• **Records shown**
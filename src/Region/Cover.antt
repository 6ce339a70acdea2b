-- ===== src/Region/Cover.antt =====
-- Which addresses the loop of `get_free_vmrg_area` of src/mm-vm.c hands out and which it leaves free.
use btlos.Prelude.{
  ℕ, zero, suc, ◌+◌, ◌^◌, ◌%◌, get_elem?, set, ◌≡◌, ◌≤◌, ◌<◌, refl, subst, sym, ap, ◌∙◌, ◌⊎◌, inl,
  inr, List, [], ◌∷◌, done, ◌>>=◌, >>=-eq-done, Code, Chain, node, chain, arith, leb, ltb,
  if◌then◌else◌, ◌&&◌,
}
use native.Mathlib.Decide.{dec_lt}
use btlos.Mm.{Region, Area, Mm, minus_one}
use btlos.Prelude.Int.{pos}
use btlos.Mm.Laws.{get_vma_by_num-first, with_area}
use btlos.Region.{region, fit_loop, fit, get_free_vmrg_area}
use btlos.Region.Rounds.{fit_loop_shrink, fit_loop_remove, fit_loop_pass}
use btlos.Region.Fit.{AllFree, after_use, after_use-AllFree, used_up-after_use}

-- 1 where the address is in the range, and else 0.
abbrev pub cover : ℕ → ℕ → ℕ → ℕ
cover x start stop = if leb start x && ltb x stop then 1 else 0

-- How many regions of the list the address is in.
abbrev pub cover_all : ℕ → List Region → ℕ
cover_all x [] = 0
cover_all x (r ∷ rest) = cover x r.rg_start r.rg_end + cover_all x rest

cover-split : (x a b c : ℕ) → a ≤ b → b ≤ c → cover x a b + cover x b c ≡ cover x a c
cover-split x a b c h k = ground arith

pub cover-empty : (x a : ℕ) → cover x a a ≡ 0
cover-empty x a = ground arith

cover_all-after_use :
    (x : ℕ) (r : Region) (rest : List Region) → cover_all x (after_use r rest) ≡ cover_all x rest
unfolding after_use
cover_all-after_use x r [] = omega (arith, cover-empty x r.rg_end)
cover_all-after_use x r (next ∷ rest) = refl

module _ (size : ℕ) (fits_int : size < 2 ^ 31) where
  -- What the loop does from the list `xs`, with `newrg` found before.
  pub record Covered (xs : List Region) (newrg rg : Region) (list : Chain Region) : Type 0 where
    pub left : List Region
    pub is : list ≡ chain left
    pub sound : AllFree left
    pub covers :
        (x : ℕ)
        → cover x rg.rg_start rg.rg_end + cover_all x left
          ≤ cover x newrg.rg_start newrg.rg_end + cover_all x xs
    pub found : (rg ≡ newrg) ⊎ ((rg.rg_start ≤ rg.rg_end) × (rg.rg_end < 2 ^ 63))

  -- A fit in the first region, of which `xs` is left.
  taken :
      (r : Region) (xs rest : List Region) (newrg rg : Region) (list : Chain Region)
      → r.rg_end < 2 ^ 63
      → r.rg_start + size ≤ r.rg_end
      → ((x : ℕ) → cover x r.rg_start (r.rg_start + size) + cover_all x xs ≤ cover_all x (r ∷ rest))
      → Covered xs (region r.rg_start (r.rg_start + size)) rg list
      → Covered (r ∷ rest) newrg rg list
  taken r xs rest newrg rg list low fits less c = record {
    left = c.left;
    is = c.is;
    sound = c.sound;
    covers = λ x. omega (arith, c.covers x, less x);
    found = inr (elim c.found [
      | inl same ↦ rw same (omega arith, omega (arith, low, fits))
      | inr other ↦ other
    ]);
  }

  pub fit_loop-Covered :
      (fuel : ℕ) (newrg rg : Region) (xs : List Region) (list : Chain Region)
      → AllFree xs
      → fit_loop fuel size newrg (chain xs) ≡ done (rg, list)
      → Covered xs newrg rg list
  unfolding fit_loop
  fit_loop-Covered zero newrg rg xs list v e = cc
  fit_loop-Covered (suc fuel) newrg rg [] list v e =
      let same : newrg ≡ rg = cc in
      record {
        left = [];
        is = cc;
        sound = tt;
        covers = λ x.
            subst (λ g. cover x g.rg_start g.rg_end + 0 ≤ cover x newrg.rg_start newrg.rg_end + 0)
              same (omega arith);
        found = inl (sym same);
      }
  fit_loop-Covered (suc fuel) newrg rg (r ∷ rest) list (le, lt, v) e =
      elim (dec_lt (r.rg_start + size) r.rg_end) [
        | yes room ↦
            taken r (region (r.rg_start + size) r.rg_end ∷ rest) rest newrg rg list lt (omega arith)
              (λ x. omega (
                arith,
                cover-split x r.rg_start (r.rg_start + size) r.rg_end (omega arith) (omega arith),
              ))
              (fit_loop-Covered fuel (region r.rg_start (r.rg_start + size)) rg
                (region (r.rg_start + size) r.rg_end ∷ rest) list (omega arith, lt, v)
                (sym (fit_loop_shrink size fits_int fuel newrg r (chain rest) lt le room) ∙ e))
        | no over ↦ elim (dec_lt r.rg_end (r.rg_start + size)) [
          | yes full ↦
              let (p, runs, same) =
                >>=-eq-done (fit_loop fuel size newrg (chain rest)) (λ (g, l). done (g, node r l))
                  (sym (fit_loop_pass size fits_int fuel newrg r (chain rest) lt le full) ∙ e) in
              let c = fit_loop-Covered fuel newrg (p.0) rest (p.1) v runs in
              let got : p.0 ≡ rg = cc in
              record {
                left = r ∷ c.left;
                is = cc (same, c.is);
                sound = (le, lt, c.sound);
                covers = λ x.
                    subst
                      (λ g.
                        cover x g.rg_start g.rg_end + cover_all x (r ∷ c.left)
                        ≤ cover x newrg.rg_start newrg.rg_end + cover_all x (r ∷ rest))
                      got (omega (arith, c.covers x));
                found = rw (sym got) c.found;
              }
          | no other ↦
              let exact : r.rg_start + size ≡ r.rg_end = omega arith in
              taken r (after_use r rest) rest newrg rg list lt (omega (arith, exact))
                (λ x. rw (cover_all-after_use x r rest, exact) (omega arith))
                (fit_loop-Covered fuel (region r.rg_start (r.rg_start + size)) rg (after_use r rest)
                  list (after_use-AllFree r rest lt v)
                  (ap (λ m. m >>= λ l. fit_loop fuel size (region r.rg_start (r.rg_start + size)) l)
                      (sym (used_up-after_use r rest))
                    ∙ sym (fit_loop_remove size fits_int fuel newrg r (chain rest) lt le exact)
                    ∙ e))
        ]
      ]

pub fit-Covered :
    (fuel size : ℕ) (small : size < 2 ^ 31) (xs : List Region) {code : Code} {rg : Region}
    {list : Chain Region}
    → AllFree xs
    → fit fuel size (chain xs) ≡ done (code, rg, list)
    → Covered size small xs (region minus_one minus_one) rg list
unfolding fit
fit-Covered fuel size small [] {rg = rg} v e =
    let same : region minus_one minus_one ≡ rg = cc in
    record {
      left = [];
      is = cc;
      sound = tt;
      covers = λ x.
          subst (λ g. cover x g.rg_start g.rg_end + 0 ≤ cover x minus_one minus_one + 0) same
            (omega arith);
      found = inl (sym same);
    }
fit-Covered fuel size small (r ∷ rest) {rg = rg} {list = list} v e =
    let (p, ran, e1) =
      >>=-eq-done (fit_loop fuel size (region minus_one minus_one) (chain (r ∷ rest))) _ e in
    let same : p ≡ (rg, list) = cc in
    fit_loop-Covered size small fuel (region minus_one minus_one) rg (r ∷ rest) list v
      (ran ∙ ap done same)

module _ (size : ℕ) (small : size < 2 ^ 31) where
  pub get_free_vmrg_area-Covered :
      (fuel : ℕ) (mm mm' : Mm) (a : Area) (xs : List Region)
      → mm.mmap ≡ a ∷ []
      → a.vm_freerg_list ≡ chain xs
      → AllFree xs
      → (code : Code) (rg : Region)
      → get_free_vmrg_area fuel mm (pos 0) (pos size) ≡ done (code, rg, mm')
      → (list : Chain Region) × (mm' ≡ with_area mm (record a { vm_freerg_list = list }) [])
        × Covered size small xs (region minus_one minus_one) rg list
  unfolding get_free_vmrg_area
  get_free_vmrg_area-Covered fuel mm mm' a xs areas free v code rg e =
      let wide : size % 2 ^ 64 ≡ size = omega (arith, small) in
      let e0 =
        rw
          (
            get_free_vmrg_area,
            get_vma_by_num-first mm a [] areas,
            ap (λ l. get_elem? l 0) areas,
            wide,
          )
          at e in
      let (p, ran, e1) = >>=-eq-done (fit fuel size a.vm_freerg_list) _ e0 in
      let is : record mm { mmap = set mm.mmap 0 (record a { vm_freerg_list = p.2 }) } ≡ mm' = cc in
      let code_is : p.0 ≡ code = cc in
      let rg_is : p.1 ≡ rg = cc in
      (
        p.2,
        sym is ∙ ap (λ l. record mm { mmap = set l 0 (record a { vm_freerg_list = p.2 }) }) areas,
        subst (λ g. Covered size small xs (region minus_one minus_one) g (p.2)) rg_is
            (fit-Covered fuel size small xs {code = p.0} {rg = p.1} {list = p.2} v
              (ap (fit fuel size) (sym free) ∙ ran)),
      )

• **Work item**
Go back to the listing above. Copy word for word the lines from the one with "r.rg_end < 2 ^ 63" through the one with "taken r xs rest", and nothing more.

• **Written answer**
      → r.rg_end < 2 ^ 63
      → r.rg_start + size ≤ r.rg_end
      → ((x : ℕ) → cover x r.rg_start (r.rg_start + size) + cover_all x xs ≤ cover_all x (r ∷ rest))
      → Covered xs (region r.rg_start (r.rg_start + size)) rg list
      → Covered (r ∷ rest) newrg rg list
  taken r xs rest newrg rg list low fits less c = record {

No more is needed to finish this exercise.